Records for this exercise -
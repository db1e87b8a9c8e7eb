-- ===== src/Source/Mgmt.antt =====
-- The loop over the management ports is membership in the entries that the count makes valid.
use caly_anti.Base.{
  ℕ, zero, suc, ◌+◌, ◌-◌, ◌<◌, ◌≤◌, ◌≡◌, refl, arith, Bool, false, ◌||◌, ltb, leb, ◌==◌,
  if◌then◌else◌, min, List, [], ◌∷◌, get_or, take, drop, length, Bool-cases, inl, inr, sym, ◌∙◌,
}
use caly_anti.Abi.Config.{FwConfig}
use caly_anti.Source.{mgmt_ports_max, mgmt_loop, is_mgmt, is_mgmt_tcp, is_mgmt_udp}

abbrev pub listed : ℕ → List ℕ → Bool
listed port [] = false
listed port (p ∷ ps) = p == port || listed port ps

drop-cons :
    (i : ℕ) (ports : List ℕ)
    → i < length ports
    → drop i ports ≡ get_or ports i 0 ∷ drop (suc i) ports
drop-cons i [] h = elim h [ ]
drop-cons zero (p ∷ ps) h = refl
drop-cons (suc i) (p ∷ ps) h = drop-cons i ps (omega arith)

past_end : (i n port : ℕ) (rest : List ℕ) → n ≤ i → listed port (take (n - i) rest) ≡ false
past_end i n port rest h = let none : n - i ≡ 0 = omega arith in rw none

inside :
    (i n port p : ℕ) (rest : List ℕ)
    → i < n
    → listed port (take (n - i) (p ∷ rest)) ≡ (p == port || listed port (take (n - (i + 1)) rest))
inside i n port p rest h = let more : n - i ≡ suc (n - (i + 1)) = omega arith in rw more

drop-all : (i : ℕ) (ports : List ℕ) → length ports ≤ i → drop i ports ≡ []
drop-all zero [] h = refl
drop-all zero (p ∷ ps) h = elim h [ ]
drop-all (suc i) [] h = refl
drop-all (suc i) (p ∷ ps) h = drop-all i ps (omega arith)

no_port : (port n : ℕ) → false ≡ listed port (take n [])
no_port port zero = refl
no_port port (suc n) = refl

-- The loop at index `i`, with the rounds that the array leaves it.
loop_listed :
    (rounds i n port : ℕ) (ports : List ℕ)
    → i + rounds ≡ length ports
    → mgmt_loop rounds i n ports port ≡ listed port (take (n - i) (drop i ports))
unfolding mgmt_loop
loop_listed zero i n port ports h =
    let none = drop-all i ports (omega arith) in rw none (no_port port (n - i))
loop_listed (suc rounds) i n port ports h =
    let next = loop_listed rounds (i + 1) n port ports (omega arith) in
    let succ : i + 1 ≡ suc i = omega arith in
    rw (drop-cons i ports (omega arith)) (elim (Bool-cases (leb n i)) [
      | inl over ↦
          rw over (sym (past_end i n port (get_or ports i 0 ∷ drop (suc i) ports) (ground arith)))
      | inr under ↦
          rw
            (
              under,
              inside i n port (get_or ports i 0) (drop (suc i) ports) (ground arith),
              next,
              succ,
            )
            (ground arith)
    ])

is_mgmt_entries :
    (count port : ℕ) (ports : List ℕ)
    → length ports ≡ mgmt_ports_max
    → is_mgmt count ports port ≡ listed port (take (min count mgmt_ports_max) ports)
unfolding is_mgmt
is_mgmt_entries count port ports h =
    let clamp : (if ltb mgmt_ports_max count then mgmt_ports_max else count)
        ≡ min count mgmt_ports_max =
      ground arith in
    let whole : min count mgmt_ports_max - 0 ≡ min count mgmt_ports_max = omega arith in
    rw clamp
      (loop_listed mgmt_ports_max 0 (min count mgmt_ports_max) port ports (omega arith) ∙ rw whole)

-- A port is a management port exactly when it is among the entries that the count makes valid, of
-- which there are sixteen at most; this holds of either protocol.
pub is_mgmt-listed :
    (cfg : FwConfig) (port : ℕ)
    → length cfg.mgmt_tcp_ports ≡ mgmt_ports_max
    → length cfg.mgmt_udp_ports ≡ mgmt_ports_max
    → (is_mgmt_tcp cfg port
        ≡ listed port (take (min cfg.mgmt_tcp_count mgmt_ports_max) cfg.mgmt_tcp_ports))
      × (is_mgmt_udp cfg port
          ≡ listed port (take (min cfg.mgmt_udp_count mgmt_ports_max) cfg.mgmt_udp_ports))
unfolding is_mgmt_tcp is_mgmt_udp
is_mgmt-listed cfg port ht hu = (
  is_mgmt_entries cfg.mgmt_tcp_count port cfg.mgmt_tcp_ports ht,
  is_mgmt_entries cfg.mgmt_udp_count port cfg.mgmt_udp_ports hu,
)
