-- ===== src/Tests.antt =====
-- Witnesses and tests: the theorems of the other modules at concrete inputs.
mod Data
mod Buckets
mod Sources
mod Bans
mod Scans
mod Sums
mod Frames
mod World
mod Firewall
mod Ladder
mod Sent
mod Inbound
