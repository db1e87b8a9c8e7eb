-- ===== src/Tests/Data.antt =====
-- A configuration of bpf/common.h that the tests share.
use caly_anti.Base.{ℕ, List, [], ◌∷◌}
use caly_anti.Abi.Bucket.{PerKind}
use caly_anti.Abi.Config.{FwConfig}

abbrev pub each : {A : Type 0} → A → PerKind A
each a = record { at_pps = a; at_bps = a; at_syn = a; at_udp = a; at_icmp = a; at_newconn = a }

abbrev pub ports : List ℕ
ports = 22 ∷ 8443 ∷ 0 ∷ 0 ∷ 0 ∷ 0 ∷ 0 ∷ 0 ∷ 0 ∷ 0 ∷ 0 ∷ 0 ∷ 0 ∷ 0 ∷ 0 ∷ 0 ∷ []

abbrev pub config : FwConfig
config = record {
  flags = 0;
  tb_rate = each 10;
  tb_burst = each 20;
  syn_fallback_pps = 100;
  ban_ttl_base_ns = 1_000;
  ban_ttl_max_ns = 10_000;
  ban_ttl_scan_ns = 2_000;
  ban_ttl_amp_ns = 3_000;
  strike_window_ns = 1_000;
  scan_window_ns = 1_000;
  strike_limit = 3;
  ct_tcp_syn_ns = 30;
  ct_tcp_est_ns = 1000;
  ct_tcp_fin_ns = 20;
  ct_udp_ns = 40;
  ct_udp_stream_ns = 80;
  ct_icmp_ns = 10;
  ct_generic_ns = 60;
  mode = 0;
  default_zone = 1;
  icmp_max_payload = 1472;
  icmp6_max_payload = 1452;
  frag_min_bytes = 256;
  ip_min_ttl = 0;
  tunnel_max_depth = 1;
  log_sample_rate = 1;
  log_max_pps = 100;
  ban_escalate_num = 3;
  ban_escalate_den = 2;
  scan_port_threshold = 4;
  vlan_max_depth = 2;
  ip6_ext_max = 4;
  tcp_min_doff = 5;
  mgmt_tcp_count = 2;
  mgmt_udp_count = 1;
  mgmt_tcp_ports = ports;
  mgmt_udp_ports = ports;
}
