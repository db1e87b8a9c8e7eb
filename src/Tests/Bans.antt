-- ===== src/Tests/Bans.antt =====
-- Bans at concrete inputs.
use caly_anti.Base.{ℕ, ◌≤◌, ◌≡◌, refl, arith, true, false, List, [], ◌∷◌}
use caly_anti.Base.Bits.{test_bit}
use caly_anti.Abi.Reason.{StatReason}
use caly_anti.Ban.{ban_next_ttl, BanEntry, ban_hit, ban_refresh}
use caly_anti.Ban.Ttl.{ban_next_ttl_stalls}
use caly_anti.Ban.Record.{Sane, Holds, ban_refresh-Holds, ban_refresh_permanent, Hit}
use caly_anti.Tests.Data.{config}

abbrev banned : BanEntry
banned = record {
  expiry_ns = 9_000;
  first_seen_ns = 7_000;
  last_hit_ns = 7_000;
  cur_ttl_ns = 2_000;
  hit_pkts = 5;
  hit_bytes = 500;
  reason = StatReason.drop_portscan;
  strikes = 0;
  offences = 1;
  flags = 1;
}

abbrev permanent : BanEntry
permanent = record banned { flags = 5 }

abbrev hit : ℕ → Hit
hit now = record { at_ns = now; pkt_len = 60; reason = StatReason.drop_portscan; expired = true }

abbrev two_hits : List Hit
two_hits = hit 9_500 ∷ hit 20_000 ∷ []

config-Sane : Sane config 9_500
config-Sane = record { base_pos = omega arith; base_le_max = omega arith; fits = omega arith }

-- A base of 2^60 ns, tripled under a ceiling above it: the product of 16 is exactly a word.
ban_next_ttl_stalls_example :
    ban_next_ttl 1_152_921_504_606_846_976 1 4_000_000_000_000_000_000 16 1
    ≡ 1_152_921_504_606_846_976
ban_next_ttl_stalls_example =
    ban_next_ttl_stalls 1_152_921_504_606_846_976 1 4_000_000_000_000_000_000 16 1 (omega arith)
      (omega arith) (omega arith) (omega arith) (omega arith) (omega arith)

ban_refresh-Holds_example :
    Holds config 9_500
      (ban_refresh banned config 9_500 StatReason.drop_portscan 60 true).0
      (ban_refresh banned config 9_500 StatReason.drop_portscan 60 true).1
    × (banned.cur_ttl_ns
        ≤ (ban_refresh banned config 9_500 StatReason.drop_portscan 60 true).0.cur_ttl_ns)
unfolding test_bit
ban_refresh-Holds_example =
    ban_refresh-Holds banned config 9_500 StatReason.drop_portscan 60 true config-Sane (omega arith)
      refl

ban_refresh_permanent_example :
    ban_refresh permanent config 9_500 StatReason.drop_portscan 60 false
    ≡ ban_hit permanent 9_500 60
unfolding test_bit
ban_refresh_permanent_example =
    ban_refresh_permanent permanent config 9_500 StatReason.drop_portscan 60 refl
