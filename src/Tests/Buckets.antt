-- ===== src/Tests/Buckets.antt =====
-- The token bucket of bpf/common.h at concrete inputs.
use caly_anti.Base.{◌+◌, ◌-◌, ◌*◌, ◌≤◌, ◌≡◌, refl, arith, [], ◌∷◌, length}
use caly_anti.Abi.Bucket.{TokenBucket}
use caly_anti.Bucket.{nsec_per_sec, tb_init, tb_consume}
use caly_anti.Bucket.Exact.{ideal_consume, tb_consume-ideal_consume}
use caly_anti.Bucket.Bounds.{IsBucket, tb_consume-IsBucket}
use caly_anti.Bucket.Runs.{Trace, admitted, last_time, admitted_bound}
use caly_anti.Bucket.Fast.{empty_at, same_instant, fast_rate_free}

-- A bucket of 4 units at 7 a second, half empty a moment ago.
abbrev used : TokenBucket
used = record { tokens = 2; last_refill_ns = 5_000_000_000 }

-- Three packets, a second apart in all.
abbrev burst_trace : Trace
burst_trace = (1_000, 4) ∷ (500_001_000, 2) ∷ (1_000_001_000, 5) ∷ []

admits : admitted (tb_init 1_000 4) 7 4 burst_trace ≡ 6
unfolding admitted tb_consume tb_init
admits = refl

tb_consume-ideal_consume_example :
    tb_consume used 5_500_000_000 7 4 3 ≡ ideal_consume used 5_500_000_000 7 4 3
tb_consume-ideal_consume_example =
    tb_consume-ideal_consume used 5_500_000_000 7 4 3 (omega arith) (omega arith) (omega arith)

tb_consume-IsBucket_example : IsBucket 4 5_500_000_000 (tb_consume used 5_500_000_000 7 4 3).0
tb_consume-IsBucket_example =
    tb_consume-IsBucket used 5_500_000_000 7 4 3 (omega arith) (omega arith) (omega arith)
      (omega arith) (omega arith)

admitted_bound_example :
    admitted (tb_init 1_000 4) 7 4 burst_trace * nsec_per_sec
    ≤ 4 * nsec_per_sec + 7 * (last_time 1_000 burst_trace - 1_000) + length burst_trace * 7
admitted_bound_example =
    admitted_bound 7 4 1_000 burst_trace (omega arith) (omega arith) (omega arith) (omega arith)
      (omega arith) (omega arith, (omega arith, (omega arith, omega arith)))

fast_rate_free_example :
    admitted (empty_at 1_000) 1_500_000_000 10 (same_instant 1_000_000 1_001) ≡ 1_000_000
fast_rate_free_example =
    fast_rate_free 1_000_000 1_000 1_500_000_000 10 (omega arith) (omega arith) (omega arith)
      (omega arith) (omega arith) (omega arith)
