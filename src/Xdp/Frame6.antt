-- ===== src/Xdp/Frame6.antt =====
-- bpf/xdp_firewall.bpf.c, the IPv6 part of `caly_parse_l3`: the header and its extension headers.
use caly_anti.Base.{
  ℕ, zero, suc, ◌+◌, ◌-◌, ◌*◌, ◌/◌, Bool, ◌&&◌, ◌||◌, not, ltb, leb, ◌==◌, if◌then◌else◌, List, [],
  ◌∷◌, min,
}
use caly_anti.Base.Bits.{test_bit}
use caly_anti.Abi.Bits.{f_anomaly_checks, f_drop_rh0, f_drop_all_frags, f_frag_checks}
use caly_anti.Abi.Config.{FwConfig}
use caly_anti.Abi.Reason.{StatReason}
use caly_anti.Compat.{ip6_ext_bound}
use caly_anti.Parse.Key.{af_inet6}
use caly_anti.Parse.Packet.{PktCtx}
use caly_anti.Xdp.Frame.{
  Parsed, go, ◌>>=◌, refuse_if, max_hdr_off, u8, u16, u32, past_end, mark_fragment, L3, ttl_low,
}

unfoldable pub ip6_is_ext : ℕ → Bool
ip6_is_ext nh = nh == 0 || nh == 43 || nh == 44 || nh == 60 || nh == 51 || nh == 135

-- The context, the next header and its offset.
pub record ExtWalk : Type 0 where
  pub pkt : PktCtx
  pub nh : ℕ
  pub off : ℕ

unfoldable pub ext_fragment : List ℕ → FwConfig → ExtWalk → Parsed PktCtx
unfolding mark_fragment
ext_fragment f cfg w = do
  let frag_off = u16 f (w.off + 2) / 8
  let marked = mark_fragment w.pkt frag_off
  policy ← refuse_if marked StatReason.drop_frag_policy (test_bit cfg.flags f_drop_all_frags)
  one ←
      refuse_if marked StatReason.drop_frag_off_one
        (test_bit cfg.flags f_frag_checks && frag_off == 1)
  go marked

-- The bytes of a header that is no routing and no fragment header.
abbrev pub ext_bytes : ℕ → ℕ → ℕ
ext_bytes nh hdrlen = if nh == 51 then (hdrlen + 2) * 4 else (hdrlen + 1) * 8

unfoldable pub ext_header : List ℕ → FwConfig → ExtWalk → Parsed (PktCtx × ℕ)
unfolding ext_fragment
ext_header f cfg w =
    if w.nh == 43
    then (do
      rh0 ←
          refuse_if w.pkt StatReason.drop_ip6_rh0
            (test_bit cfg.flags f_drop_rh0 && u8 f (w.off + 2) == 0)
      go (w.pkt, (u8 f (w.off + 1) + 1) * 8))
    else if w.nh == 44
    then (do marked ← ext_fragment f cfg w; go (marked, 8))
    else go (w.pkt, ext_bytes w.nh (u8 f (w.off + 1)))

unfoldable pub ext_round : List ℕ → FwConfig → ExtWalk → Parsed ExtWalk
unfolding ext_header
ext_round f cfg w = do
  deep ← refuse_if w.pkt StatReason.drop_ip6_ext_depth (ltb max_hdr_off w.off)
  short ← refuse_if w.pkt StatReason.drop_ip6_ext_trunc (past_end f w.off 8)
  header ← ext_header f cfg w
  go (record {
    pkt = header.0;
    nh = u8 f w.off;
    off = w.off + (if ltb header.1 8 then 8 else header.1);
  })

-- The unrolled loop, on the rounds left.
unfoldable pub ext_walk : ℕ → ℕ → ℕ → List ℕ → FwConfig → ExtWalk → Parsed ExtWalk
ext_walk zero i ext_max f cfg w = go w
ext_walk (suc rounds) i ext_max f cfg w =
    let rest = λ (w' : ExtWalk). ext_walk rounds (i + 1) ext_max f cfg w' in
    if leb ext_max i
    then go w
    else if not (ip6_is_ext w.nh)
    then go w
    else ext_round f cfg w >>= rest

abbrev pub clamp_ext : FwConfig → ℕ
clamp_ext cfg = if ltb ip6_ext_bound cfg.ip6_ext_max then ip6_ext_bound else cfg.ip6_ext_max

-- l4_len, of what the payload length leaves after the headers of `used` bytes.
unfoldable pub left_after : ℕ → ℕ → ℕ
left_after plen used =
    if not (plen == 0) && leb 40 used && ltb used (plen + 40)
    then min (plen + 40 - used) 0xFFFF
    else 0

unfoldable pub ip6_sane : List ℕ → FwConfig → PktCtx → StatReason → Parsed (Unit {0})
unfolding ttl_low
ip6_sane f cfg pkt trunc = do
  let p = pkt.l3_off
  let plen = u16 f (p + 4)
  short ← refuse_if pkt trunc (past_end f p 40)
  version ← refuse_if pkt StatReason.drop_l3_unknown (not (u8 f p / 16 == 6))
  zero_ttl ← refuse_if pkt StatReason.drop_ttl_zero (u8 f (p + 7) == 0)
  low_ttl ← refuse_if pkt StatReason.drop_ttl_low (ttl_low cfg (u8 f (p + 7)))
  refuse_if pkt trunc
      (test_bit cfg.flags f_anomaly_checks && not (plen == 0) && ltb pkt.pkt_len (p + 40 + plen))

-- The chain of extension headers has to end, and not too far into the frame.
unfoldable pub exts_ended : ExtWalk → Parsed (Unit {0})
exts_ended w = do
  more ← refuse_if w.pkt StatReason.drop_ip6_ext_depth (ip6_is_ext w.nh)
  refuse_if w.pkt StatReason.drop_ip6_ext_depth (ltb max_hdr_off w.off)

unfoldable pub parse_ip6 : List ℕ → FwConfig → PktCtx → StatReason → Parsed L3
unfolding ip6_sane ext_walk exts_ended left_after
parse_ip6 f cfg pkt trunc = do
  let p = pkt.l3_off
  sane ← ip6_sane f cfg pkt trunc
  let seen = record pkt {
    family = af_inet6;
    saddr = u32 f (p + 8) ∷ u32 f (p + 12) ∷ u32 f (p + 16) ∷ u32 f (p + 20) ∷ [];
    daddr = u32 f (p + 24) ∷ u32 f (p + 28) ∷ u32 f (p + 32) ∷ u32 f (p + 36) ∷ [];
  }
  w ←
      ext_walk ip6_ext_bound 0 (clamp_ext cfg) f cfg
        (record { pkt = seen; nh = u8 f (p + 6); off = p + 40 })
  ended ← exts_ended w
  go (record w.pkt { l4_len = left_after (u16 f (p + 4)) (w.off - p) }, w.off, w.nh)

Aim of the task -
Going through the entries above, count the lines that include "filename" and state only the result.

Your response -
3